* [WHAT THE TASK ASKS] Return the data that follows exactly, with each line intact.

* [DATA PROVIDED]

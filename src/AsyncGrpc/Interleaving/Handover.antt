-- ===== src/AsyncGrpc/Interleaving/Handover.antt =====
-- The frames that pass from a task to the one that awaits it, and the steps of `TaskAwait` for a task
-- that was started before (async_lib/async_lib.hpp).
use async_sandbox.Prelude.{
  ℕ, ◌≡◌, refl, ◌∙◌, true, false, Option, none, some, [], ◌∷◌, arith, ◌==◌, update, ==_refl,
  if◌then◌else◌,
}
use async_sandbox.AsyncLib.Machine.{
  FrameId, ExecutorId, Promise, World, go, Code, await, awaiting, State, running, done, is_done,
  destroy, step,
}
use async_sandbox.AsyncLib.Paths.{AwaitPath, leaf, under, Frames, child, awaits, waiting}
use async_sandbox.AsyncLib.Nesting.Runs.{with_frames}
use async_sandbox.AsyncLib.Owners.{below, Along, Apart}
use async_sandbox.AsyncGrpc.Interleaving.{Owner, Owned, Unowned, Spares}
use async_sandbox.AsyncGrpc.Interleaving.Subroutines.{subroutine}

-- The frames of the root `u` become those of `j`.
abbrev pub reassign : FrameId → FrameId → Option FrameId → Option FrameId
reassign u j none = none
reassign u j (some s) = if u == s then some j else some s

abbrev pub given : FrameId → FrameId → Owner → Owner
given u j o i = reassign u j (o i)

pub given-Unowned : (u j n : ℕ) (o : Owner) → Unowned o n → Unowned (given u j o) n
given-Unowned u j n o un i le = rw (un i le) refl

module _ {V : Type 0} where
  -- The state of the first frame of a path.
  abbrev pub stopped_at : AwaitPath V → State V
  stopped_at (leaf q k) = waiting (leaf q k)
  stopped_at (under u k π) = awaits u k

  pub stopped_not_done : (π : AwaitPath V) → is_done (stopped_at π) ≡ false
  stopped_not_done (leaf q k) = refl
  stopped_not_done (under u k π) = refl

  pub Along-root :
      (π : AwaitPath V) (h : Frames V) (t : FrameId) (p : Promise V)
      → Along π h t p (waiting π)
      → h t ≡ some (record p { state = stopped_at π })
  Along-root (leaf q k) h t p a = a
  Along-root (under u k π) h t p a = a.0

  pub Apart-root : (π : AwaitPath V) (n t : ℕ) → Apart π n t → below π t ≡ false
  Apart-root (leaf q k) n t a = refl
  Apart-root (under u k π) n t (d, lt, bt, bu, a) = ground arith

  -- The frames behind the root are as they were.
  Along-same :
      (π : AwaitPath V) (h h' : Frames V) (t : FrameId) (p : Promise V) (st : State V)
      → h' t ≡ h t
      → ((i : FrameId) → below π i ≡ true → h' i ≡ h i)
      → Along π h t p st
      → Along π h' t p st
  Along-same (leaf q k) h h' t p st e same a = e ∙ a
  Along-same (under u k π) h h' t p st e same (a, rest) = (
    e ∙ a,
    Along-same π h h' u (child p.executor t running) st (same u (ground arith))
        (λ i b. same i (ground arith)) rest,
  )

  pub Along-rooted :
      (π : AwaitPath V) (h h' : Frames V) (t : FrameId) (p p' : Promise V)
      → p'.executor ≡ p.executor
      → h' t ≡ some (record p' { state = stopped_at π })
      → ((i : FrameId) → below π i ≡ true → h' i ≡ h i)
      → Along π h t p (waiting π)
      → Along π h' t p' (waiting π)
  Along-rooted (leaf q k) h h' t p p' x e same a = e
  Along-rooted (under u k π) h h' t p p' x e same (a, rest) = (
    e,
    rw x (
        Along-same π h h' u (child p.executor t running) (waiting π) (same u (ground arith))
          (λ i b. same i (ground arith)) rest),
  )

  pub Owned-given :
      (π : AwaitPath V) (o : Owner) (u j t : FrameId) → Owned o u π t → Owned (given u j o) j π t
  Owned-given (leaf q k) o u j t w = rw w (ground arith)
  Owned-given (under v k π) o u j t (w, ws) = (rw w (ground arith), Owned-given π o u j v ws)

  pub given-Spares :
      (u j : FrameId) (o : Owner) (h : Frames V) (x : Option (Promise V))
      → o u ≡ some u
      → Spares u o h (given u j o) (update h u x)
  given-Spares u j o h x own i s y a ne e = (ground arith, rw a (ground arith))

  pub await_done :
      (w : World V) (j u : FrameId) (me p : Promise V) (k : V → Code V) (v : V)
      → w.frames j ≡ some me
      → w.frames u ≡ some (record p { result = some v; state = done })
      → step w (go j (await u k)) ≡ some (go j (k v) ∷ [], destroy w u)
  unfolding step
  await_done w j u me p k v h e = rw (h, e, step)

  pub await_waits :
      (w : World V) (j u : FrameId) (me : Promise V) (k : V → Code V) (st : State V)
      (e : ExecutorId)
      → w.frames j ≡ some me
      → w.frames u ≡ some (record (subroutine me.executor) { state = st })
      → is_done st ≡ false
      → me.executor ≡ some e
      → step w (go j (await u k))
        ≡ some (
          [],
          with_frames w
              (update
                (update w.frames j (some (record me { state = awaiting u k })))
                u
                (some (child me.executor j st)))
              w.next,
        )
  unfolding step
  await_waits w j u me k st e h g d x = rw (h, g, step, d, x, ==_refl e)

* [RESULT OF THE EXERCISE]
filename src/AsyncGrpc/Interleaving/Handover.antt
-- ===== src/AsyncGrpc/Interleaving/Handover.antt =====
-- The frames that pass from a task to the one that awaits it, and the steps of `TaskAwait` for a task
-- that was started before (async_lib/async_lib.hpp).
use async_sandbox.Prelude.{
  ℕ, ◌≡◌, refl, ◌∙◌, true, false, Option, none, some, [], ◌∷◌, arith, ◌==◌, update, ==_refl,
  if◌then◌else◌,
}
use async_sandbox.AsyncLib.Machine.{
  FrameId, ExecutorId, Promise, World, go, Code, await, awaiting, State, running, done, is_done,
  destroy, step,
}
use async_sandbox.AsyncLib.Paths.{AwaitPath, leaf, under, Frames, child, awaits, waiting}
use async_sandbox.AsyncLib.Nesting.Runs.{with_frames}
use async_sandbox.AsyncLib.Owners.{below, Along, Apart}
use async_sandbox.AsyncGrpc.Interleaving.{Owner, Owned, Unowned, Spares}
use async_sandbox.AsyncGrpc.Interleaving.Subroutines.{subroutine}

-- The frames of the root `u` become those of `j`.
abbrev pub reassign : FrameId → FrameId → Option FrameId → Option FrameId
reassign u j none = none
reassign u j (some s) = if u == s then some j else some s

abbrev pub given : FrameId → FrameId → Owner → Owner
given u j o i = reassign u j (o i)

pub given-Unowned : (u j n : ℕ) (o : Owner) → Unowned o n → Unowned (given u j o) n
given-Unowned u j n o un i le = rw (un i le) refl

module _ {V : Type 0} where
  -- The state of the first frame of a path.
  abbrev pub stopped_at : AwaitPath V → State V
  stopped_at (leaf q k) = waiting (leaf q k)
  stopped_at (under u k π) = awaits u k

  pub stopped_not_done : (π : AwaitPath V) → is_done (stopped_at π) ≡ false
  stopped_not_done (leaf q k) = refl
  stopped_not_done (under u k π) = refl

  pub Along-root :
      (π : AwaitPath V) (h : Frames V) (t : FrameId) (p : Promise V)
      → Along π h t p (waiting π)
      → h t ≡ some (record p { state = stopped_at π })
  Along-root (leaf q k) h t p a = a
  Along-root (under u k π) h t p a = a.0

  pub Apart-root : (π : AwaitPath V) (n t : ℕ) → Apart π n t → below π t ≡ false
  Apart-root (leaf q k) n t a = refl
  Apart-root (under u k π) n t (d, lt, bt, bu, a) = ground arith

  -- The frames behind the root are as they were.
  Along-same :
      (π : AwaitPath V) (h h' : Frames V) (t : FrameId) (p : Promise V) (st : State V)
      → h' t ≡ h t
      → ((i : FrameId) → below π i ≡ true → h' i ≡ h i)
      → Along π h t p st
      → Along π h' t p st
  Along-same (leaf q k) h h' t p st e same a = e ∙ a
  Along-same (under u k π) h h' t p st e same (a, rest) = (
    e ∙ a,
    Along-same π h h' u (child p.executor t running) st (same u (ground arith))
        (λ i b. same i (ground arith)) rest,
  )

  pub Along-rooted :
      (π : AwaitPath V) (h h' : Frames V) (t : FrameId) (p p' : Promise V)
      → p'.executor ≡ p.executor
      → h' t ≡ some (record p' { state = stopped_at π })
      → ((i : FrameId) → below π i ≡ true → h' i ≡ h i)
      → Along π h t p (waiting π)
      → Along π h' t p' (waiting π)
  Along-rooted (leaf q k) h h' t p p' x e same a = e
  Along-rooted (under u k π) h h' t p p' x e same (a, rest) = (
    e,
    rw x (
        Along-same π h h' u (child p.executor t running) (waiting π) (same u (ground arith))
          (λ i b. same i (ground arith)) rest),
  )

  pub Owned-given :
      (π : AwaitPath V) (o : Owner) (u j t : FrameId) → Owned o u π t → Owned (given u j o) j π t
  Owned-given (leaf q k) o u j t w = rw w (ground arith)
  Owned-given (under v k π) o u j t (w, ws) = (rw w (ground arith), Owned-given π o u j v ws)

  pub given-Spares :
      (u j : FrameId) (o : Owner) (h : Frames V) (x : Option (Promise V))
      → o u ≡ some u
      → Spares u o h (given u j o) (update h u x)
  given-Spares u j o h x own i s y a ne e = (ground arith, rw a (ground arith))

  pub await_done :
      (w : World V) (j u : FrameId) (me p : Promise V) (k : V → Code V) (v : V)
      → w.frames j ≡ some me
      → w.frames u ≡ some (record p { result = some v; state = done })
      → step w (go j (await u k)) ≡ some (go j (k v) ∷ [], destroy w u)
  unfolding step
  await_done w j u me p k v h e = rw (h, e, step)

  pub await_waits :
      (w : World V) (j u : FrameId) (me : Promise V) (k : V → Code V) (st : State V)
      (e : ExecutorId)
      → w.frames j ≡ some me
      → w.frames u ≡ some (record (subroutine me.executor) { state = st })
      → is_done st ≡ false
      → me.executor ≡ some e
      → step w (go j (await u k))
        ≡ some (
          [],
          with_frames w
              (update
                (update w.frames j (some (record me { state = awaiting u k })))
                u
                (some (child me.executor j st)))
              w.next,
        )
  unfolding step
  await_waits w j u me k st e h g d x = rw (h, g, step, d, x, ==_refl e)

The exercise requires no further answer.